Select from the data all lines with the word "Prelude".

--- START ---

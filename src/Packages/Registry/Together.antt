-- ===== src/Packages/Registry/Together.antt =====
-- src/plaik_core/packages.py: the installed packages fit together after every operation.
use plaik.Prelude.{
  ◌≡◌, refl, subst, fun_ext, sym, String, Bool, true, false, ◌||◌, not, Option, none, some, List,
  arith, ◌==◌, string_eq, eq_iff, All-weaken, All-zip, Bool-cases, inl, inr, Option-cases,
}
use plaik.Prelude.Dict.{lookup, insert, delete, lookup-insert, lookup-delete}
use plaik.Prelude.Results.{ok}
use plaik.Packages.Manifest.{PackageDependency, PackageConflict, PackageManifest}
use plaik.Packages.Dependencies.{resolve_install_order}
use plaik.Packages.Dependencies.Graph.{find, or_else, find-id}
use plaik.Packages.Dependencies.Resolution.{resolve_install_order-IsInstallOrder}
use plaik.Packages.Dependencies.Compatibility.{
  IsMet, IsAbsent, IsCompatible, resolve_install_order-IsCompatible,
}
use plaik.Packages.Registry.{
  PackageRecord, Records, manifests_of, create, required_dependents, is_empty,
}
use plaik.Packages.Registry.Lookups.{
  manifest_of, lookup-manifests_of, lookup-create, find-order, required_dependents-needs, needs-All,
}

-- The manifest installed under an id.
abbrev pub manifest_at : Records → String → Option PackageManifest
manifest_at m k = manifest_of (lookup k m)

module _ (satisfies : String → String → Bool) (core_version : String) where
  -- Each package stands under its id and is compatible with the Core and the other packages.
  pub record Together (g : String → Option PackageManifest) : Type 0 where
    pub named : (k : String) (m : PackageManifest) → g k ≡ some m → m.id ≡ k
    pub compatible :
        (k : String) (m : PackageManifest) → g k ≡ some m → IsCompatible satisfies core_version g m

  pub Together-same :
      (g h : String → Option PackageManifest) → ((k : String) → h k ≡ g k) → Together g → Together h
  Together-same g h e = subst Together (sym (fun_ext e))

  pub Together-empty : Together (λ k. none)
  Together-empty = record {
    named = λ k m e. absurd (ground arith);
    compatible = λ k m e. absurd (ground arith);
  }

  -- A record changes its status alone.
  pub status-Together :
      (m : Records) (k : String) (r r' : PackageRecord)
      → lookup k m ≡ some r
      → r'.manifest ≡ r.manifest
      → Together (manifest_at m)
      → Together (manifest_at (insert k r' m))
  status-Together m k r r' e same =
      Together-same (manifest_at m) (manifest_at (insert k r' m)) (λ j. elim (Bool-cases (k == j)) [
        | inl p ↦
            let here : lookup j m ≡ some r =
              subst (λ (x : String). lookup x m ≡ some r) ((eq_iff k j).0 p) e in
            ground (arith, p, here, same, lookup-insert k j r' m)
        | inr p ↦ ground (arith, p, lookup-insert k j r' m)
      ])

  -- The packages that an installation leaves are those that the resolution accepted.
  pub install-Together :
      (manifests order : List PackageManifest) (m : Records)
      → resolve_install_order satisfies manifests core_version (manifests_of m) ≡ ok order
      → Together (manifest_at m)
      → Together (manifest_at (create order m).1)
  install-Together manifests order m h t =
      let i =
        resolve_install_order-IsInstallOrder satisfies core_version manifests (manifests_of m) order
          h in
      let g = λ (k : String). or_else (find k manifests) (lookup k (manifests_of m)) in
      Together-same g (manifest_at (create order m).1)
        (λ k. ground (
          arith,
          lookup-create order m k i.unique,
          find-order manifests order k i,
          lookup-manifests_of k m,
        ))
        (record {
          named = λ k n e.
              ground (arith, e, find-id k manifests n, t.named k n, lookup-manifests_of k m);
          compatible = λ k n e.
              resolve_install_order-IsCompatible satisfies core_version manifests (manifests_of m)
                order k n h e;
        })

  delete-IsMet :
      (m : Records) (k : String) (d : PackageDependency)
      → (not (d.package_id == k) || d.optional) ≡ true
      → IsMet satisfies (manifest_at m) d
      → IsMet satisfies (manifest_at (delete k m)) d
  delete-IsMet m k d o (inr (e, p)) = inr (ground (arith, e, lookup-delete k d.package_id m), p)
  delete-IsMet m k d o (inl (t, e, v)) = elim (Bool-cases (k == d.package_id)) [
    | inl same ↦ inr (
      ground (arith, same, lookup-delete k d.package_id m),
      ground (arith, o, same, eq_iff k d.package_id, eq_iff d.package_id k),
    )
    | inr other ↦ inl (t, ground (arith, e, other, lookup-delete k d.package_id m), v)
  ]

  delete-IsAbsent :
      (m : Records) (k : String) (c : PackageConflict)
      → IsAbsent satisfies (manifest_at m) c
      → IsAbsent satisfies (manifest_at (delete k m)) c
  delete-IsAbsent m k c a t e = a t (ground (arith, e, lookup-delete k c.package_id m))

  -- A package that no other needs is removed.
  pub uninstall-Together :
      (m : Records) (k : String)
      → is_empty (required_dependents k false m) ≡ true
      → Together (manifest_at m)
      → Together (manifest_at (delete k m))
  uninstall-Together m k free t = record {
    named = λ j n e. t.named j n (ground (arith, e, lookup-delete k j m));
    compatible = λ j n e. elim (Option-cases (lookup j m)) [
      | inl f ↦ absurd (ground (arith, e, f, lookup-delete k j m))
      | inr (r, f) ↦
          let same : r.manifest ≡ n = ground (arith, e, f, lookup-delete k j m) in
          let old = t.compatible j r.manifest (ground (arith, f)) in
          let optional =
            needs-All k r.manifest.dependencies
              (required_dependents-needs k false m j r free f refl) in
          subst (IsCompatible satisfies core_version (manifest_at (delete k m))) same (record {
            core = old.core;
            conflicts =
                All-weaken (IsAbsent satisfies (manifest_at m))
                  (IsAbsent satisfies (manifest_at (delete k m))) (delete-IsAbsent m k)
                  r.manifest.conflicts old.conflicts;
            dependencies =
                All-zip (λ d. (not (d.package_id == k) || d.optional) ≡ true)
                  (IsMet satisfies (manifest_at m)) (IsMet satisfies (manifest_at (delete k m)))
                  (delete-IsMet m k) r.manifest.dependencies optional old.dependencies;
          })
    ];
  }
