-- ===== src/Memory/Collector/Reachable.antt =====
-- The objects that are reachable from a list of words.
use lodtalk.Prelude.{ℕ, ◌≡◌, List, [], ◌∷◌, ◌⊎◌, true}
use lodtalk.ObjectModel.Oop.{is_pointer}
use lodtalk.Memory.Collector.Objects.{Memory, children}

abbrev pub In : ℕ → List ℕ → Type 0
In x [] = ⊥
In x (y ∷ ys) = (x ≡ y) ⊎ In x ys

-- An object that a word points to, or that a strong slot or a literal of a reachable object points to.
pub data Reachable (m : Memory) (words : List ℕ) : ℕ → Type 0 where
  root : {o : ℕ} → In o words → is_pointer o ≡ true → Reachable m words o
  child :
      {p o : ℕ}
      → Reachable m words p
      → In o (children m p)
      → is_pointer o ≡ true
      → Reachable m words o

module _ {m : Memory} where
  pub Reachable-mono :
      {xs ys : List ℕ} {o : ℕ} → ((x : ℕ) → In x xs → In x ys) → Reachable m xs o → Reachable m ys o
  Reachable-mono sub (root i p) = root (sub _ i) p
  Reachable-mono sub (child r i p) = child (Reachable-mono sub r) i p

  pub Reachable-through :
      {words : List ℕ} {p o : ℕ}
      → Reachable m words p
      → Reachable m (children m p) o
      → Reachable m words o
  Reachable-through via (root i ptr) = child via i ptr
  Reachable-through via (child r i ptr) = child (Reachable-through via r) i ptr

--- END ---

Solution -
use plaik.Prelude.{
use plaik.Prelude.Dict.{lookup, insert, delete, lookup-insert, lookup-delete}
use plaik.Prelude.Results.{ok}
use lodtalk.Prelude.{ℕ, ◌≡◌, List, [], ◌∷◌, ◌⊎◌, true}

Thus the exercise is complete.